Key: split LLM output at sentence boundaries, generate TTS per sentence.
"""
llm_stream = await openai_client.chat.completions.create(
model="gpt-4o-mini",
messages=[{"role": "user", "content": user_message}],
stream=True,
max_tokens=150,
)
sentence_buffer = ""
audio_chunks = []
async for chunk in llm_stream:
delta = chunk.choices[0].delta.content or ""
sentence_buffer += delta
# Check if we have a complete sentence
if sentence_buffer and sentence_buffer[-1] in SENTENCE_ENDINGS:
sentence = sentence_buffer.strip()
sentence_buffer = ""
if sentence:
print(f"Synthesizing: {sentence}")
# Generate TTS for this sentence while LLM generates the next
for _, _, audio in tts_pipeline(sentence, voice='af_heart'):
audio_chunks.append(audio)
# Play chunk immediately as it arrives
sd.play(audio, samplerate=24000, blocking=False)
await asyncio.sleep(len(audio) / 24000) # Yield for duration of chunk
# Handle any remaining text
if sentence_buffer.strip():
for _, _, audio in tts_pipeline(sentence_buffer.strip(), voice='af_heart'):
sd.play(audio, samplerate=24000, blocking=False)
await asyncio.sleep(len(audio) / 24000)
asyncio.run(stream_llm_to_tts("Explain quantum computing in 2 sentences."))
Open Source Models Ranked for Real-Time Use
1. Kokoro-82M (Recommended: Best CPU Real-Time)
Kokoro's compact 82M parameter size means it generates audio faster than real-time on modern CPUs. For a 5-word sentence, the first audio chunk arrives in under 100ms on an M2 MacBook Pro — fast enough to fit entirely within the remaining latency budget after LLM inference.

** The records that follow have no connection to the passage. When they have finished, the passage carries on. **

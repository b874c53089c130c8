-- ===== src/Tests/Deployments.antt =====
-- Runs of the migrations at concrete inputs.
use order_lifecycle_backend.Prelude.{◌≡◌, refl, none, some, List, [], ◌∷◌, true, every, select}
use order_lifecycle_backend.Migrations.Deploying.{run, revert, history, new_deployment}
use order_lifecycle_backend.Migrations.Deploying.Stages.{second, fresh, deployed, history-deployed}
use order_lifecycle_backend.Migrations.Declared.Tables.{fits_entities}
use order_lifecycle_backend.Migrations.Deploying.Entities.{is_complete, history-fits}
use order_lifecycle_backend.Migrations.OpenCarts.{CartRow, is_open_row, delete_duplicates}
use order_lifecycle_backend.Migrations.OpenCarts.Clearing.{
  is_closed_or, is_closed_or_by, is_checked_out, delete_duplicates-one,
}
use mathlib.Core.List.{Memᴰ}

-- A run after six reverts is refused: the enum still has CANCELLED.
history-deployed_example :
    history (run ∷ revert ∷ revert ∷ revert ∷ revert ∷ revert ∷ revert ∷ run ∷ []) (deployed fresh)
    ≡ deployed second
history-deployed_example =
    history-deployed (run ∷ revert ∷ revert ∷ revert ∷ revert ∷ revert ∷ revert ∷ run ∷ []) fresh

history-fits_example :
    fits_entities (history (run ∷ revert ∷ run ∷ []) new_deployment).schema
    ≡ is_complete (history (run ∷ revert ∷ run ∷ []) new_deployment)
history-fits_example = history-fits (run ∷ revert ∷ run ∷ [])

abbrev older_cart : CartRow
older_cart = record { id = 1; user_id = 7; checked_out_at = none; created_at = 5 }

abbrev carts : List CartRow
carts =
    record { id = 3; user_id = 7; checked_out_at = some 4; created_at = 2 }
    ∷ older_cart
    ∷ record { id = 2; user_id = 7; checked_out_at = none; created_at = 9 }
    ∷ []

delete_duplicates-one_example :
    (select is_checked_out (delete_duplicates carts) ≡ select is_checked_out carts)
    × (m : CartRow) × Memᴰ m (delete_duplicates carts)
    × (is_open_row 7 m ≡ true)
    × (every (is_closed_or_by 7 m.created_at) carts ≡ true)
    × (every (is_closed_or 7 m.id) (delete_duplicates carts) ≡ true)
delete_duplicates-one_example =
    delete_duplicates-one 7 older_cart carts (Memᴰ.tail (Memᴰ.head refl)) refl
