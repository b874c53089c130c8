-- ===== src/Tests/Fulfilled.antt =====
-- An order that is completed, at concrete inputs.
use order_lifecycle_backend.Prelude.{◌≡◌, refl, none, some, List, [], ◌∷◌, find_by}
use order_lifecycle_backend.Entities.{StockLine, pending, reserved, paid, completed}
use order_lifecycle_backend.World.{World}
use order_lifecycle_backend.Products.{reserve_stock}
use order_lifecycle_backend.Orders.Rows.{order_id, set_status, set_payment_initiated}
use order_lifecycle_backend.Payment.Gateway.{charge}
use order_lifecycle_backend.Lifecycle.Fulfilment.{completed_world}
use order_lifecycle_backend.Lifecycle.Fulfilment.Reached.{completed_world-reached}
use order_lifecycle_backend.Tests.{platform, world, order, line}

abbrev lines : List StockLine
lines = line 5 2 ∷ line 6 1 ∷ []

abbrev finished : World
finished =
    completed_world platform charge (order pending none) lines (11, 12, 13) (60, 61, 62)
      (world (order pending none))

completed_world-reached_example :
    (find_by order_id 1 finished.db.orders
      ≡ some (
          set_status completed 62 (
            set_status paid 61
              (set_payment_initiated 60 (set_status reserved 50 (order pending none))))))
    × (finished.charges ≡ 1 ∷ [])
    × (finished.db.products ≡ (reserve_stock lines (world (order pending none))).1.db.products)
unfolding charge
completed_world-reached_example =
    completed_world-reached platform charge (order pending none) lines (world (order pending none))
      11 12 13 60 61 62 (refl, (refl, tt)) refl refl refl refl refl refl refl refl refl
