-- ===== src/Middleware/Trail.antt =====
-- What the audit trail says of the requests that run through the chain.
use argus_mcp.Base.{
  ◌≡◌, refl, ◌⊎◌, inl, inr, ◌∙◌, Bool-cases, String, Option, none, some, List, [], ◌∷◌, ◌++◌, ap,
  Bool,
}
use mathlib.Core.List.{append-nil}
use argus_mcp.Base.Dict.{Dict}
use argus_mcp.Requests.{
  Error, Result, returned, raised, Effect, called, audited, recorded, RequestContext, Run,
}
use argus_mcp.Registry.{Registry}
use argus_mcp.Registry.Backends.{resolve_capability}
use argus_mcp.Middleware.{audit, audit_of, wrap}
use argus_mcp.Middleware.Routing.{Backends, Manager, allowed, routing, follow}
use argus_mcp.Middleware.Stack.{Settings, build_middleware_stack}
use argus_mcp.Middleware.Layers.{Safe, stack-Does}

-- The audit events: the server and the error of the outcome.
abbrev pub audits : List Effect → List (Option String × Option Error)
audits [] = []
audits (called s m o ∷ es) = audits es
audits (audited s e ∷ es) = (s, e) ∷ audits es
audits (recorded s b ∷ es) = audits es

audits-append : (es fs : List Effect) → audits (es ++ fs) ≡ audits es ++ audits fs
audits-append [] fs = refl
audits-append (called s m o ∷ es) fs = audits-append es fs
audits-append (audited s e ∷ es) fs = ap (λ r. (s, e) ∷ r) (audits-append es fs)
audits-append (recorded s b ∷ es) fs = audits-append es fs

audits-record :
    (es : List Effect) (s : String) (b : Bool) → audits (es ++ recorded s b ∷ []) ≡ audits es
audits-record es s b = audits-append es (recorded s b ∷ []) ∙ append-nil (audits es)

-- At most one event, and one that reports success.
abbrev pub OneSuccess : List (Option String × Option Error) → Type 0
OneSuccess events = (events ≡ []) ⊎ ((svr : Option String) × (events ≡ (svr, none) ∷ []))

module _ {A R : Type 0} (backends : Backends A R) (registry : Option Registry)
    (manager : Option Manager) where
  -- The routing leaves the error of the context, and audits nothing itself.
  Routed : RequestContext A → Run A R → Type 0
  Routed ctx r = (r.context.error ≡ ctx.error) × (audits r.effects ≡ [])

  follow-Routed :
      (has_session : Manager) (ctx : RequestContext A) (o : Option (String × String))
      → Routed ctx (follow backends has_session ctx o)
  unfolding Routed
  follow-Routed has_session ctx none = (refl, refl)
  follow-Routed has_session ctx (some (svr, o)) = elim (Bool-cases (has_session svr)) [
    | inr n ↦ rw n (refl, refl)
    | inl y ↦ elim (Bool-cases (allowed ctx.mcp_method)) [
      | inr n ↦ rw (y, n) (refl, refl)
      | inl z ↦ rw (y, z) (refl, refl)
    ]
  ]

  routing-Routed :
      (registry : Option Registry) (manager : Option Manager) (ctx : RequestContext A)
      → Routed ctx (routing backends registry manager ctx)
  unfolding routing Routed
  routing-Routed (some registry) (some has_session) ctx =
      follow-Routed has_session ctx (resolve_capability registry ctx.capability_name)
  routing-Routed none manager ctx = (refl, refl)
  routing-Routed (some registry) none ctx = (refl, refl)

  audit-OneSuccess :
      (ctx : RequestContext A) (r : Result (Option R))
      → ctx.error ≡ none
      → OneSuccess (audits (audit_of ctx r))
  audit-OneSuccess ctx (raised e) h = inl refl
  audit-OneSuccess ctx (returned x) h = inr (ctx.server_name, rw h refl)

  core-Safe :
      Safe
        (λ n m e. e ≡ none)
        (λ es. OneSuccess (audits es))
        (wrap audit (routing backends registry manager))
  unfolding wrap audit Routed
  core-Safe ctx i =
      let r = routing backends registry manager ctx in
      let k = routing-Routed registry manager ctx in
      (
        k.0 ∙ i,
        rw (audits-append r.effects (audit_of r.context r.result), k.1)
            (audit-OneSuccess r.context r.result (k.0 ∙ i)),
      )

  -- No request leaves more than one audit event, and every event that is written reports success:
  -- for a request that comes in without an error, an event that reports one is never written,
  -- whatever the backend, the plugins and the authentication do.
  pub stack-OneSuccess :
      (s : Settings A R) (ctx : RequestContext A)
      → ctx.error ≡ none
      → OneSuccess (audits (build_middleware_stack s backends registry manager ctx).effects)
  stack-OneSuccess s ctx h =
      stack-Does _ (λ es. OneSuccess (audits es)) (inl refl)
        (λ es svr b l. rw (audits-record es svr b) l) s backends registry manager core-Safe ctx h

  -- Every call of a backend fails.
  abbrev pub Raises : Result (Option R) → Type 0
  Raises (returned x) = ⊥
  Raises (raised e) = Unit

  module _
      (down : (svr m o : String) (arguments : Option (Dict String A))
        → Raises (backends svr m o arguments)) where
    follow-Raises :
        (has_session : Manager) (ctx : RequestContext A) (o : Option (String × String))
        → Raises (follow backends has_session ctx o).result
    follow-Raises has_session ctx none = tt
    follow-Raises has_session ctx (some (svr, o)) = elim (Bool-cases (has_session svr)) [
      | inr n ↦ rw n tt
      | inl y ↦ elim (Bool-cases (allowed ctx.mcp_method)) [
        | inr n ↦ rw (y, n) tt
        | inl z ↦ rw (y, z) (down svr ctx.mcp_method o _)
      ]
    ]

    routing-Raises :
        (registry : Option Registry) (manager : Option Manager) (ctx : RequestContext A)
        → Raises (routing backends registry manager ctx).result
    unfolding routing
    routing-Raises (some registry) (some has_session) ctx =
        follow-Raises has_session ctx (resolve_capability registry ctx.capability_name)
    routing-Raises none manager ctx = tt
    routing-Raises (some registry) none ctx = tt

    audit-Raises :
        (ctx : RequestContext A) (r : Result (Option R)) → Raises r → audits (audit_of ctx r) ≡ []
    audit-Raises ctx (raised e) h = refl
    audit-Raises ctx (returned x) h = absurd h

    core-unaudited :
        Safe (λ n m e. Unit) (λ es. audits es ≡ []) (wrap audit (routing backends registry manager))
    unfolding wrap audit Routed
    core-unaudited ctx i =
        let r = routing backends registry manager ctx in
        (
          tt,
          rw
              (
                audits-append r.effects (audit_of r.context r.result),
                (routing-Routed registry manager ctx).1,
              )
              (audit-Raises r.context r.result (routing-Raises registry manager ctx)),
        )

    -- Where every call of a backend fails, no request leaves an audit event.
    pub stack-unaudited :
        (s : Settings A R) (ctx : RequestContext A)
        → audits (build_middleware_stack s backends registry manager ctx).effects ≡ []
    stack-unaudited s ctx =
        stack-Does _ (λ es. audits es ≡ []) refl (λ es svr b l. audits-record es svr b ∙ l) s
          backends registry manager core-unaudited ctx tt
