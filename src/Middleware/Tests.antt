-- ===== src/Middleware/Tests.antt =====
-- The chain at concrete inputs: a registry with one tool, and two backends, of which one is down.
use argus_mcp.Base.{
  ◌≡◌, ◌≢◌, refl, inl, Bool, true, false, String, Option, none, some, List, [], ◌∷◌, text_keys,
  ◌==◌, if◌then◌else◌,
}
use argus_mcp.Base.Dict.{get, insert}
use argus_mcp.Requests.{
  UserIdentity, text, authentication_error, backend_server_error, Result, returned, raised, called,
  audited, recorded, RequestContext,
}
use argus_mcp.Registry.{
  CapType, tools, Config, Registry, passes, register_all, register_raw, apply_filter_and_rename,
  renamed, register, resolve_conflict, enter,
}
use argus_mcp.Registry.Backends.{
  Batch, items, empty, resolve_capability, discover_and_register, discovery_begins, discovery_steps,
  discover_all, discover_caps_by_type,
}
use argus_mcp.Registry.Provenance.{Offered}
use argus_mcp.Conflict.{first_wins, transform_name}
use argus_mcp.Middleware.{
  permissive, fails_at, token_of, build_chain, wrap, recovery, telemetry, audit,
}
use argus_mcp.Middleware.Routing.{Backends, Manager, routing}
use argus_mcp.Middleware.Stack.{Settings, middlewares, build_middleware_stack}
use argus_mcp.Middleware.Reach.{calls, stack-Offered}
use argus_mcp.Middleware.Trail.{audits, stack-unaudited}
use argus_mcp.Middleware.Answers.{Ends, stack-Ends, stack-refused}

abbrev config : Config
config = record { strategy = first_wins; filters = λ s t. none; rename_maps = [] }

abbrev no_match : String → String → Bool
no_match name pattern = false

abbrev batches : List Batch
batches =
    record {
      server = "wiki";
      type = tools;
      response = items (some (record { name = "search"; description = none }) ∷ []);
    }
    ∷ []

abbrev registry : Registry
registry = discover_and_register no_match config batches empty

abbrev has_session : Manager
has_session svr = svr == "wiki"

abbrev backends : Backends String String
backends svr method name arguments = returned (some name)

abbrev down : Backends String String
down svr method name arguments = raised backend_server_error

abbrev ask : RequestContext String
ask = record {
  capability_name = "search";
  mcp_method = "call_tool";
  arguments = none;
  request_id = "1";
  server_name = none;
  original_name = none;
  metadata = [];
  error = none;
}

abbrev error_response : String → String
error_response method = "internal error"

abbrev open_settings : Settings String String
open_settings = record {
  authenticator = none;
  plugins = none;
  telemetry_enabled = true;
  error_response = error_response;
}

abbrev known : Option String → Result UserIdentity
known none = raised (authentication_error "no token")
known (some t) =
    if t == "secret"
    then returned
        (record { subject = "ann"; email = ""; name = ""; roles = []; provider = "local" })
    else raised (authentication_error "invalid token")

abbrev guarded_settings : Settings String String
guarded_settings = record {
  authenticator = some (known, permissive);
  plugins = none;
  telemetry_enabled = false;
  error_response = error_response;
}

resolved : resolve_capability registry "search" ≡ some ("wiki", "search")
unfolding resolve_capability get discover_and_register discovery_begins discovery_steps discover_all
    discover_caps_by_type register_all register_raw apply_filter_and_rename renamed register
    resolve_conflict enter insert transform_name
resolved = refl

answered :
    (build_middleware_stack open_settings backends (some registry) (some has_session) ask).effects
    ≡ called "wiki" "call_tool" "search" ∷ audited (some "wiki") none ∷ recorded "wiki" true ∷ []
unfolding build_middleware_stack middlewares build_chain wrap recovery telemetry audit routing
answered = rw resolved refl

rescued_call :
    (build_middleware_stack open_settings down (some registry) (some has_session) ask).result
    ≡ returned (some "internal error")
unfolding build_middleware_stack middlewares build_chain wrap recovery telemetry audit routing
rescued_call = rw resolved refl

abbrev forged : RequestContext String
forged = record ask { metadata = ("auth_token", text "guess") ∷ [] }

has_token : token_of (get forged.metadata "auth_token") ≢ none
unfolding get
has_token = λ e. absurd (cc)

refused :
    known (token_of (get forged.metadata "auth_token"))
    ≡ raised (authentication_error "invalid token")
unfolding get
refused = refl

one_call :
    calls
      (build_middleware_stack open_settings backends (some registry) (some has_session) ask).effects
    ≡ ("wiki", ("call_tool", "search")) ∷ []
one_call = rw answered refl

abbrev no_calls : List (String × (String × String))
no_calls = []

stack-Offered_example :
    (no_calls ≡ no_calls)
    × (ask.mcp_method ≡ ask.mcp_method)
    × Offered no_match config batches "wiki" "search"
    × ((t : CapType) × (passes no_match (config.filters "wiki" t) "search" ≡ true))
stack-Offered_example =
    stack-Offered no_match config batches empty backends has_session open_settings ask "wiki"
      "call_tool" "search" [] one_call

stack-unaudited_example :
    audits
      (build_middleware_stack open_settings down (some registry) (some has_session) ask).effects
    ≡ []
stack-unaudited_example =
    stack-unaudited down (some registry) (some has_session) (λ s m o a. tt) open_settings ask

stack-Ends_example :
    Ends
      (some (known, permissive))
      forged
      (build_middleware_stack guarded_settings backends
        (some registry)
        (some has_session)
        forged).result
stack-Ends_example = stack-Ends guarded_settings backends (some registry) (some has_session) forged

stack-refused_example :
    build_middleware_stack guarded_settings backends (some registry) (some has_session) forged
    ≡ fails_at forged (authentication_error "invalid token")
stack-refused_example =
    stack-refused guarded_settings backends (some registry) (some has_session) forged known
      permissive (authentication_error "invalid token") refl (inl has_token) refused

from kokoro import KPipeline
import time
pipeline = KPipeline(lang_code='a')
text = "Hello, how can I help you today?"
start = time.time()
first_chunk = True
for _, _, audio in pipeline(text, voice='af_heart'):
if first_chunk:
print(f"First audio chunk: {(time.time() - start)*1000:.0f}ms")
first_chunk = False
# Stream chunk to audio output
# play(audio, samplerate=24000) # ~85ms on Apple M2 CPU
2. Piper TTS (Recommended: Embedded / Edge Real-Time)
Piper is a fast, local neural TTS system designed for very resource-constrained environments. It uses VITS architecture with aggressive pruning and quantization and can run in real-time on a Raspberry Pi 4. This makes it the go-to for embedded voice assistant applications.
# Install Piper
pip install piper-tts
from piper.voice import PiperVoice
import wave
# Load voice model (~60MB)
voice = PiperVoice.load("en_US-lessac-medium.onnx")
with wave.open("output.wav", "w") as wav_file:
voice.synthesize("Hello from the edge device!", wav_file)
# Or stream directly to speakers:
import pyaudio
p = pyaudio.PyAudio()
stream = p.open(format=pyaudio.paInt16, channels=1,
rate=voice.config.sample_rate, output=True)
for audio_bytes in voice.synthesize_stream_raw("Hello from the edge device!"):
stream.write(audio_bytes) # Real-time streaming playback
# Latency: <50ms first chunk on Raspberry Pi 4 -- genuinely impressive
3. StyleTTS2 (Recommended: GPU Real-Time, Best Quality)
StyleTTS2 achieves human-level naturalness scores on some benchmarks while maintaining GPU real-time inference. It supports voice cloning from reference audio and produces more expressive, emotionally-varied output than Kokoro — at the cost of requiring a GPU.
Real-Time Model Selection Matrix
| Deployment | Model | First Chunk | Quality | Clone? |
|---|---|---|---|---|
| Cloud GPU (A10G) | StyleTTS2 | ~80ms | Excellent | Yes |
| Cloud CPU (c5.2xlarge) | Kokoro-82M | ~100ms | Good | No |
| Edge (RPi 4) | Piper | ~50ms | Acceptable | No |
| SaaS API | ElevenLabs Flash | ~75ms | Excellent | Yes |
Conclusion
For CPU-based real-time deployment, Kokoro-82M is the clear open-source recommendation — fast enough on modern CPUs that it fits within the latency budget of conversational AI applications. Piper is the choice for embedded and edge environments. StyleTTS2 is the premium open-source option for GPU deployments where quality matters. The streaming-from-LLM architecture pattern is the most impactful single optimization — implementing it typically resolves perceived latency issues regardless of which model you choose.